══ Provided data
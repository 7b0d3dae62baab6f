-- ===== src/Events/Order.antt =====
-- The list of events stays in the order of time, with an id for each event of its own.
use cpp_sockets_library.Prelude.{
  ℕ, zero, suc, ◌+◌, ◌<◌, ◌≤◌, ◌≡◌, ◌≢◌, refl, ◌∙◌, sym, ap, Bool, true, false, some, List, [], ◌∷◌,
  ltb, if◌then◌else◌, length, All, arith, Bool-cases, inl, inr,
}
use cpp_sockets_library.Events.{
  Owner, same_owner, Event, EventHandler, new_event, insert, add_event, erase_first, any_passes,
  clear_loop, clear_events, remove_event, Call, adds, removes, clears, call, calls_all,
}

abbrev pub IsSorted : List Event → Type 0
IsSorted [] = Unit {0}
IsSorted (e ∷ es) = All (λ (x : Event). e.time ≤ x.time) es × IsSorted es

abbrev pub HasOwnIds : List Event → Type 0
HasOwnIds [] = Unit {0}
HasOwnIds (e ∷ es) = All (λ (x : Event). x.id ≢ e.id) es × HasOwnIds es

pub record IsValid (h : EventHandler) : Type 0 where
  pub sorted : IsSorted h.events
  pub own_ids : HasOwnIds h.events
  pub used_ids : All (λ (e : Event). e.id ≤ h.unique_id) h.events

All-erase_first {ℓ} :
    (P : Event → Type ℓ) (p : Event → Bool) (es : List Event) → All P es → All P (erase_first p es)
unfolding erase_first
All-erase_first P p [] v = tt
All-erase_first P p (e ∷ es) v = elim (Bool-cases (p e)) [
  | inl h ↦ rw h v.1
  | inr h ↦ rw h (v.0, All-erase_first P p es v.1)
]

erase_first-IsSorted :
    (p : Event → Bool) (es : List Event) → IsSorted es → IsSorted (erase_first p es)
unfolding erase_first
erase_first-IsSorted p [] v = tt
erase_first-IsSorted p (e ∷ es) v = elim (Bool-cases (p e)) [
  | inl h ↦ rw h v.1
  | inr h ↦ rw h (All-erase_first _ p es v.0, erase_first-IsSorted p es v.1)
]

erase_first-HasOwnIds :
    (p : Event → Bool) (es : List Event) → HasOwnIds es → HasOwnIds (erase_first p es)
unfolding erase_first
erase_first-HasOwnIds p [] v = tt
erase_first-HasOwnIds p (e ∷ es) v = elim (Bool-cases (p e)) [
  | inl h ↦ rw h v.1
  | inr h ↦ rw h (All-erase_first _ p es v.0, erase_first-HasOwnIds p es v.1)
]

-- What an erasing loop leaves is valid.
pub erase_first-IsValid :
    (p : Event → Bool) (h : EventHandler)
    → IsValid h
    → IsValid (record h { events = erase_first p h.events })
erase_first-IsValid p h v = record {
  sorted = erase_first-IsSorted p h.events v.sorted;
  own_ids = erase_first-HasOwnIds p h.events v.own_ids;
  used_ids = All-erase_first _ p h.events v.used_ids;
}

All-insert {ℓ} :
    (P : Event → Type ℓ) (e : Event) (es : List Event) → P e → All P es → All P (insert e es)
unfolding insert
All-insert P e [] h v = (h, tt)
All-insert P e (x ∷ xs) h v = elim (Bool-cases (ltb x.time e.time)) [
  | inl b ↦ rw b (v.0, All-insert P e xs h v.1)
  | inr b ↦ rw b (h, v)
]

pub All-map {ℓ κ} :
    {A : Type ℓ} (P Q : A → Type κ) (xs : List A) → ((x : A) → P x → Q x) → All P xs → All Q xs
All-map P Q [] f v = tt
All-map P Q (x ∷ xs) f v = (f x v.0, All-map P Q xs f v.1)

insert-IsSorted : (e : Event) (es : List Event) → IsSorted es → IsSorted (insert e es)
unfolding insert
insert-IsSorted e [] v = (tt, tt)
insert-IsSorted e (x ∷ xs) v = elim (Bool-cases (ltb x.time e.time)) [
  | inl b ↦ rw b (All-insert _ e xs (ground arith) v.0, insert-IsSorted e xs v.1)
  | inr b ↦
      let le : e.time ≤ x.time = ground arith in
      rw b (
        (
          le,
          All-map (λ (y : Event). x.time ≤ y.time) (λ (y : Event). e.time ≤ y.time) xs
              (λ y h. omega arith) v.0,
        ),
        v,
      )
]

insert-HasOwnIds :
    (e : Event) (es : List Event)
    → HasOwnIds es
    → All (λ (x : Event). x.id ≢ e.id) es
    → HasOwnIds (insert e es)
unfolding insert
insert-HasOwnIds e [] v n = (tt, tt)
insert-HasOwnIds e (x ∷ xs) v n = elim (Bool-cases (ltb x.time e.time)) [
  | inl b ↦ rw b (All-insert _ e xs (λ h. n.0 (sym h)) v.0, insert-HasOwnIds e xs v.1 n.1)
  | inr b ↦ rw b (n, v)
]

-- AddEvent keeps the order, and gives the event an id that no other has.
pub add_event-IsValid :
    (from : Owner) (sec usec tick : ℕ) (h : EventHandler)
    → IsValid h
    → IsValid (add_event from sec usec tick h).0
unfolding add_event new_event
add_event-IsValid from sec usec tick h v = record {
  sorted = insert-IsSorted _ h.events v.sorted;
  own_ids = insert-HasOwnIds _ h.events v.own_ids (
      All-map (λ (e : Event). e.id ≤ h.unique_id) (λ (e : Event). e.id ≢ h.unique_id + 1) h.events
        (λ e a b. omega arith) v.used_ids);
  used_ids = All-insert _ _ h.events (omega arith) (
      All-map (λ (e : Event). e.id ≤ h.unique_id) (λ (e : Event). e.id ≤ h.unique_id + 1) h.events
        (λ e a. omega arith) v.used_ids);
}

-- The events of other owners.
unfoldable pub others : Owner → List Event → List Event
others from [] = []
others from (e ∷ es) =
    let rest = others from es in if same_owner e.from from then rest else e ∷ rest

abbrev mine : Owner → Event → Bool
mine from e = same_owner e.from from

others-none :
    (from : Owner) (es : List Event) → any_passes (mine from) es ≡ false → others from es ≡ es
unfolding others any_passes
others-none from [] h = refl
others-none from (e ∷ es) h = ground (arith, others-none from es)

others-erase_first :
    (from : Owner) (es : List Event) → others from (erase_first (mine from) es) ≡ others from es
unfolding others erase_first
others-erase_first from [] = refl
others-erase_first from (e ∷ es) = ground (arith, others-erase_first from es)

erase_first-shorter :
    (p : Event → Bool) (es : List Event)
    → any_passes p es ≡ true
    → length (erase_first p es) < length es
unfolding any_passes erase_first
erase_first-shorter p [] h = cc
erase_first-shorter p (e ∷ es) h = ground (arith, erase_first-shorter p es)

clear_loop-others :
    (fuel : ℕ) (from : Owner) (es : List Event)
    → length es < fuel
    → clear_loop fuel from es ≡ some (others from es)
unfolding clear_loop
clear_loop-others zero from es h = absurd (omega arith)
clear_loop-others (suc fuel) from es h = elim (Bool-cases (any_passes (mine from) es)) [
  | inl b ↦
      let less = erase_first-shorter (mine from) es b in
      rw b (
        clear_loop-others fuel from (erase_first (mine from) es) (omega arith)
        ∙ ap some (others-erase_first from es))
  | inr b ↦ rw b (ap some (sym (others-none from es b)))
]

-- ClearEvents ends, and leaves exactly the events of other owners, in their order.
pub clear_events-others :
    (from : Owner) (h : EventHandler)
    → clear_events from h ≡ some (record h { events = others from h.events })
unfolding clear_events
clear_events-others from h =
    rw (clear_events, clear_loop-others (length h.events + 1) from h.events (omega arith)) refl

All-others {ℓ} :
    (P : Event → Type ℓ) (from : Owner) (es : List Event) → All P es → All P (others from es)
unfolding others
All-others P from [] v = tt
All-others P from (e ∷ es) v = elim (Bool-cases (same_owner e.from from)) [
  | inl h ↦ rw h (All-others P from es v.1)
  | inr h ↦ rw h (v.0, All-others P from es v.1)
]

pub others-IsSorted : (from : Owner) (es : List Event) → IsSorted es → IsSorted (others from es)
unfolding others
others-IsSorted from [] v = tt
others-IsSorted from (e ∷ es) v = elim (Bool-cases (same_owner e.from from)) [
  | inl h ↦ rw h (others-IsSorted from es v.1)
  | inr h ↦ rw h (All-others _ from es v.0, others-IsSorted from es v.1)
]

others-HasOwnIds : (from : Owner) (es : List Event) → HasOwnIds es → HasOwnIds (others from es)
unfolding others
others-HasOwnIds from [] v = tt
others-HasOwnIds from (e ∷ es) v = elim (Bool-cases (same_owner e.from from)) [
  | inl h ↦ rw h (others-HasOwnIds from es v.1)
  | inr h ↦ rw h (All-others _ from es v.0, others-HasOwnIds from es v.1)
]

pub clear_events-IsValid :
    (from : Owner) (h : EventHandler)
    → IsValid h
    → IsValid (record h { events = others from h.events })
clear_events-IsValid from h v = record {
  sorted = others-IsSorted from h.events v.sorted;
  own_ids = others-HasOwnIds from h.events v.own_ids;
  used_ids = All-others _ from h.events v.used_ids;
}

-- Every call of the handler ends and keeps it valid.
pub call-IsValid :
    (c : Call) (h : EventHandler)
    → IsValid h
    → (h' : EventHandler) × (call c h ≡ some h') × IsValid h'
unfolding call remove_event
call-IsValid (adds from sec usec tick) h v = (_, refl, add_event-IsValid from sec usec tick h v)
call-IsValid (removes from eid) h v = (_, refl, erase_first-IsValid _ h v)
call-IsValid (clears from) h v = (_, clear_events-others from h, clear_events-IsValid from h v)

-- From a new handler on, any sequence of AddEvent, RemoveEvent and ClearEvents ends, and keeps the
-- events in the order of time, each with an id of its own.
pub calls_all-IsValid :
    (cs : List Call) (h : EventHandler)
    → IsValid h
    → (h' : EventHandler) × (calls_all cs h ≡ some h') × IsValid h'
unfolding calls_all
calls_all-IsValid [] h v = (h, refl, v)
calls_all-IsValid (c ∷ cs) h v =
    let (h1, e1, v1) = call-IsValid c h v in
    let (h2, e2, v2) = calls_all-IsValid cs h1 v1 in (h2, rw (calls_all, e1, e2) refl, v2)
════
What the exercise asks
What you return must be the lines above that run from the line with "sorted = others-IsSorted" to the line with "unfolding call remove_event", inclusive, each copied exactly.

Output for this exercise
  sorted = others-IsSorted from h.events v.sorted;
  own_ids = others-HasOwnIds from h.events v.own_ids;
  used_ids = All-others _ from h.events v.used_ids;
}

-- Every call of the handler ends and keeps it valid.
pub call-IsValid :
    (c : Call) (h : EventHandler)
    → IsValid h
    → (h' : EventHandler) × (call c h ≡ some h') × IsValid h'
unfolding call remove_event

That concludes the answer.